CalvinisticCumberland said:


> I have heard it said that on the whole there is no more than a 2 percent variance in the most accepted, authoritative manuscripts.
> 
> Then there are site like this
> 
> ...



Andrew,

Since you've never studied this issue, it would probably be the best use of your time to invest it into that which directly affects you instead of the theoretical.

The crux of the issue is Authority and where is it located. Is it in existing apographs (copies that we have in our possession) or is it in the autograph (the original writing) which we don't have? Once that question is answered then principles of criticism are applied that determine the authentic texts. The two schools of thought include and exclude data based upon their presuppositions and the answer to that main question. The former school is the Received Text position, the latter is the Critical Text position.

As it may affect you then, you have essentially two choices in Bible's from these schools of thought . First, the Authorized Version or New King James that are based upon the Received Text of the historic Protestant tradition; or the second choice is the modern Bible's like the New American Standard, Revised Standard Version, New International Version, English Standard Version which is derived from the Critical texts of the modern scientific approach.

The actual differences are significant and roughly there are about 9,900 words in the Received Text Bibles that are not in the Critical Text Bibles. If you put them all together it would be about as many words as in the book of Romans.

Critical text proponents would generally disagree with me that the changes are significant and claim that nothing they have removed affects any Christian doctrine. The problem with that is they stand upon a Confession derived from the Received Text and never actually exegete and interpret the Critical text for themselves independent of the Confessions which was already done upon the Received Text.

There are a lot of threads on this on Puritan Board where the matter has been discussed that are quite lengthy and you can learn a lot from them. A good book to read on the subject would be The King James Version Defended by Edward Hills and I believe you can find it online as a free download.

Cordially,

Thomas


----------



## CalvinisticCumberland (Mar 7, 2008)

Although I do not have time to study this issue in the depth that many of you have, I still desire a greater knowledge, than, forgive the expression, the average layman. 

As it is important to me, what I want to know is how the very basic doctrines of the (reformed) church are affected. Can we be reasonably assured that through the centuries of copying, the variations in different strands of passage (i.e. the TR/CT), and the influence of copyists with an agenda, that the doctrine of Christ as preached and written down in the first century is readily available today as I read my (Geneva) bible. 






Thomas2007 said:


> CalvinisticCumberland said:
> 
> 
> > I have heard it said that on the whole there is no more than a 2 percent variance in the most accepted, authoritative manuscripts.
> ...


----------



## larryjf (Mar 7, 2008)

I would add to the recommendation of Thomas that if you can get any Theodore Letis writings to read him as well.

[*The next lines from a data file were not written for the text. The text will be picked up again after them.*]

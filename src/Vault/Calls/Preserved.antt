-- ===== src/Vault/Calls/Preserved.antt =====
-- The methods on a sound session.
use touchvault.Base.{Bytes, Text, ℤ, [], ◌∷◌, ◌++◌, Option, false, ◌≡◌, ◌≢◌}
use touchvault.Base.{All-of_map, All-to_map, All-append, inl, inr, arith}
use touchvault.Base.{is_negative, is_empty, sym, refl, ◌∙◌, if◌then◌else◌}
use touchvault.Errors.{Result, ok}
use touchvault.Effects.Runs.{Run-cases}
use touchvault.Authenticator.{Authenticator}
use touchvault.Platform.{Platform, IsFullRead}
use touchvault.Platform.Ciphers.{IsGcm}
use touchvault.Sealed.Document.{SealedVault}
use touchvault.Sealed.Find.{find_key, slot_occupied}
use touchvault.Crypto.Pure.{open_secret, unwrap_data_key}
use touchvault.Crypto.Fields.{seal_secret-fields, wrap_data_key-fields}
use touchvault.Crypto.RoundTrip.{open-seal_secret, unwrap-wrap}
use touchvault.Vault.Options.{default_label}
use touchvault.Vault.Session.{
  Machine, put_secret, keys_without, put, delete, enroll_key, remove_key, force_remove_key, key,
  lock, sealed, remove_entry,
}
use touchvault.Vault.Session.Reading.{read_string_lem}
use touchvault.Vault.Session.Writing.{put-eq-ok, delete-eq-ok}
use touchvault.Vault.Session.Enrolling.{enroll_key-eq-ok}
use touchvault.Vault.Calls.{
  Call, perform, Reach, here, next, to_read, to_lock, to_put, to_delete, to_enroll, to_remove,
  to_force_remove, to_seal,
}
use touchvault.Vault.Calls.Failed.{perform_failed}
use touchvault.Vault.Calls.Entries.{
  put_secret-All, delete_secret-All, put_secret-names_differ, delete_secret-names_differ,
  keys_without-All, keys_without-Distinct, append-Distinct, slot_in-new, find_key_in-new,
}
use touchvault.Vault.Calls.Sound.{
  IsSound, Opens, Unwraps, set_secrets-IsSound, set_keys-IsSound, held_unlocked, open_secret-header,
  unwrap_data_key-header,
}

module _ (P : Platform) (h : SealedVault) (data_key : Bytes) (law : IsGcm P.crypto)
    (full : IsFullRead P) (m m' : Machine P) (i : IsSound P h data_key m.session) where
  put-IsSound :
      (name : Text) (secret : Option (Result Bytes))
      → put P name secret m ≡ (ok tt, m')
      → IsSound P h data_key m'.session
  put-IsSound name secret done =
      let (p, entry, w, value, named, unlocked, made, after) = put-eq-ok P name secret m m' done in
      let s = m.session in
      let fields = seal_secret-fields P s.doc s.data_key name p m.world w made in
      let opens : open_secret P.crypto h data_key entry ≡ ok p =
        sym (open_secret-header P h data_key s data_key entry i)
        ∙ rw (← held_unlocked P h data_key s i unlocked)
            (open-seal_secret P law full s.doc s.data_key p name m.world w made) in
      rw after (
        set_secrets-IsSound P h data_key s (put_secret entry s.doc.secrets) i
          (All-to_map (λ n. n ≢ []) (λ t. t.name) (put_secret entry s.doc.secrets)
            (put_secret-All (λ t. t.name ≢ []) entry s.doc.secrets (ground arith)
              (All-of_map (λ n. n ≢ []) (λ t. t.name) s.doc.secrets i.well_formed.names_nonempty)))
          (put_secret-names_differ entry s.doc.secrets i.well_formed.names_differ)
          (put_secret-All (Opens P.crypto h data_key) entry s.doc.secrets (p, opens)
            i.secrets_open))

  delete-IsSound : (name : Text) → delete P name m ≡ (ok tt, m') → IsSound P h data_key m'.session
  delete-IsSound name done =
      let (kept, unlocked, deleted, after) = delete-eq-ok P name m m' done in
      let ss = m.session.doc.secrets in
      rw after (
        set_secrets-IsSound P h data_key m.session kept i
          (All-to_map (λ n. n ≢ []) (λ t. t.name) kept
            (delete_secret-All (λ t. t.name ≢ []) name ss kept deleted
              (All-of_map (λ n. n ≢ []) (λ t. t.name) ss i.well_formed.names_nonempty)))
          (delete_secret-names_differ name ss kept deleted i.well_formed.names_differ)
          (delete_secret-All (Opens P.crypto h data_key) name ss kept deleted i.secrets_open))

  keys_without-IsSound :
      (slot : ℤ)
      → let ks = keys_without slot m.session.doc.keys in
        IsSound P h data_key (record (m.session) { doc = record (m.session.doc) { keys = ks } })
  keys_without-IsSound slot =
      let ks = m.session.doc.keys in
      let v = i.well_formed in
      set_keys-IsSound P h data_key m.session (keys_without slot ks) i
        (All-to_map (λ n. is_negative n ≡ false) (λ k. k.slot) (keys_without slot ks)
          (keys_without-All (λ k. is_negative k.slot ≡ false) slot ks
            (All-of_map (λ n. is_negative n ≡ false) (λ k. k.slot) ks v.slots_nonneg)))
        (keys_without-Distinct (λ k. k.slot) slot ks v.slots_differ)
        (All-to_map (λ id. id ≢ []) (λ k. k.credential_id) (keys_without slot ks)
          (keys_without-All (λ k. k.credential_id ≢ []) slot ks
            (All-of_map (λ id. id ≢ []) (λ k. k.credential_id) ks v.credentials_nonempty)))
        (keys_without-Distinct (λ k. k.credential_id) slot ks v.credentials_differ)
        (keys_without-All (Unwraps P.crypto h data_key) slot ks i.keys_unwrap)

  remove_key-IsSound :
      (slot : ℤ) → remove_key P slot m ≡ (ok tt, m') → IsSound P h data_key m'.session
  unfolding remove_key remove_entry key
  remove_key-IsSound slot done =
      let e : record (m.session) {
        doc = record (m.session.doc) { keys = keys_without slot m.session.doc.keys };
      }
          ≡ m'.session =
        ground arith in
      rw (← e) (keys_without-IsSound slot)

  force_remove_key-IsSound :
      (slot : ℤ) → force_remove_key P slot m ≡ (ok tt, m') → IsSound P h data_key m'.session
  unfolding force_remove_key remove_entry key
  force_remove_key-IsSound slot done =
      let e : record (m.session) {
        doc = record (m.session.doc) { keys = keys_without slot m.session.doc.keys };
      }
          ≡ m'.session =
        ground arith in
      rw (← e) (keys_without-IsSound slot)

  enroll_key-IsSound :
      (auth : Authenticator P.Outside) (slot : ℤ) (label : Text)
      → enroll_key P auth slot label m ≡ (ok tt, m')
      → IsSound P h data_key m'.session
  unfolding find_key slot_occupied
  enroll_key-IsSound auth slot label done =
      let a = enroll_key-eq-ok P auth slot label m m' done in
      let s = m.session in
      let ks = s.doc.keys in
      let v = i.well_formed in
      let name = if is_empty label then default_label else label in
      let fields =
        wrap_data_key-fields P s.doc s.data_key a.cred.credential_id a.answer.secret slot name a.w₂
          a.w₃ a.wrapped in
      let wraps =
        unwrap-wrap P law full s.doc s.data_key a.cred.credential_id a.answer.secret slot name a.w₂
          a.w₃ a.wrapped in
      let unwraps : unwrap_data_key P.crypto h a.entry a.answer.secret ≡ ok data_key =
        sym (unwrap_data_key-header P h data_key s a.entry a.answer.secret i)
        ∙ rw (← held_unlocked P h data_key s i a.unlocked) wraps in
      rw a.after (
        set_keys-IsSound P h data_key s (ks ++ (a.entry ∷ [])) i
          (All-to_map (λ n. is_negative n ≡ false) (λ k. k.slot) (ks ++ (a.entry ∷ []))
            (All-append (λ k. is_negative k.slot ≡ false) ks (a.entry ∷ [])
              (All-of_map (λ n. is_negative n ≡ false) (λ k. k.slot) ks v.slots_nonneg)
              (rw fields.0 a.nonneg, tt)))
          (append-Distinct (λ k. k.slot) ks a.entry (rw fields.0 (slot_in-new ks slot a.free))
            v.slots_differ)
          (All-to_map (λ id. id ≢ []) (λ k. k.credential_id) (ks ++ (a.entry ∷ []))
            (All-append (λ k. k.credential_id ≢ []) ks (a.entry ∷ [])
              (All-of_map (λ id. id ≢ []) (λ k. k.credential_id) ks v.credentials_nonempty)
              (rw fields.2 a.enrollment.has_id, tt)))
          (append-Distinct (λ k. k.credential_id) ks a.entry
            (rw fields.2 (find_key_in-new ks a.cred.credential_id a.fresh)) v.credentials_differ)
          (All-append (Unwraps P.crypto h data_key) ks (a.entry ∷ []) i.keys_unwrap
            ((a.answer.secret, unwraps), tt)))

module _ (P : Platform) (h : SealedVault) (data_key : Bytes) (law : IsGcm P.crypto)
    (full : IsFullRead P) where
  performed-IsSound :
      (m m' : Machine P) (c : Call P)
      → perform P c m ≡ (ok tt, m')
      → IsSound P h data_key m.session
      → IsSound P h data_key m'.session
  unfolding perform lock sealed
  performed-IsSound m m' (to_read name) done i =
      let e : m ≡ m' = ground (arith, read_string_lem P name m) in rw (← e) i
  performed-IsSound m m' to_lock done i =
      let e : record m { session = record (m.session) { data_key = [] } } ≡ m' = ground arith in
      rw (← e) (record {
        header = i.header;
        held = inl refl;
        well_formed = i.well_formed;
        secrets_open = i.secrets_open;
        keys_unwrap = i.keys_unwrap;
      })
  performed-IsSound m m' (to_put name secret) done i =
      put-IsSound P h data_key law full m m' i name secret done
  performed-IsSound m m' (to_delete name) done i =
      delete-IsSound P h data_key law full m m' i name done
  performed-IsSound m m' (to_enroll auth slot label) done i =
      enroll_key-IsSound P h data_key law full m m' i auth slot label done
  performed-IsSound m m' (to_remove slot) done i =
      remove_key-IsSound P h data_key law full m m' i slot done
  performed-IsSound m m' (to_force_remove slot) done i =
      force_remove_key-IsSound P h data_key law full m m' i slot done
  performed-IsSound m m' to_seal done i = let e : m ≡ m' = ground arith in rw (← e) i

  -- Every call keeps the invariant, whether it succeeds or fails.
  pub perform-IsSound :
      (m : Machine P) (c : Call P)
      → IsSound P h data_key m.session
      → IsSound P h data_key (perform P c m).1.session
  perform-IsSound m c i = elim (Run-cases (perform P c m)) [
    | inl (x, m', e) ↦ rw e (performed-IsSound m m' c e i)
    | inr (x, m', e) ↦ rw e (rw (perform_failed P m m' x c e) i)
  ]

  -- Where the ciphers and the entropy source work as documented, in every state that calls lead to,
  -- with any authenticators, readers and failures on the way, the header of the document is the
  -- first one, the session is locked or holds the first data key, the document is well formed,
  -- every secret in it opens under that data key, and every key in it unwraps that data key, if
  -- that held of the first state.
  pub Reach-IsSound :
      {m n : Machine P}
      → IsSound P h data_key m.session
      → Reach m n
      → IsSound P h data_key n.session
  Reach-IsSound i here = i
  Reach-IsSound i (next {n} c r) = perform-IsSound n c (Reach-IsSound i r)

Especially "The Ecclesiastical Text..."

Here is an online pdf article by Dr. Letis...
http://www.holywordcafe.com/bible/resources/letis_KJBible.pdf


----------



## Thomas2007 (Mar 7, 2008)

CalvinisticCumberland said:


> Although I do not have time to study this issue in the depth that many of you have, I still desire a greater knowledge, than, forgive the expression, the average layman.
> 
> As it is important to me, what I want to know is how the very basic doctrines of the (reformed) church are affected. Can we be reasonably assured that through the centuries of copying, the variations in different strands of passage (i.e. the TR/CT), and the influence of copyists with an agenda, that the doctrine of Christ as preached and written down in the first century is readily available today as I read my (Geneva) bible.



Generally speaking - it was the position of historic Protestant orthodoxy that the Western textual base in which the Latin Vulgate was based was altered in the fourth century by Arians and Origenists - thus those texts are not considered authentic. The two main texts that the critical schools call the "oldest and best," or "most reliable" are the Vaticanus designated B and Sinaiticus designated Aleph (first letter of the Hebrew alphabet). Hence, the orthodox held that these were the most depraved and that the Eastern textual base was authentic. The Reformation Bibles such as Tyndale, Great Bible, Bishops Bible, Geneva Bible, Authorized Version and many other languages such as Luther's German Bible and the Dutch Staten Bible are all based on the Byzantine text.

In the critical schools that rose up after Simons, Semler & Griesbach it was the contention that the orthodox had altered the text in favor of orthodoxy. The Critical text and thus modern Bible translations are missing readings that in the main support orthodox teachings, generally these are regarding texts that clearly teach the Deity of Christ or other essential attributes, such as the Resurrection and Ascension.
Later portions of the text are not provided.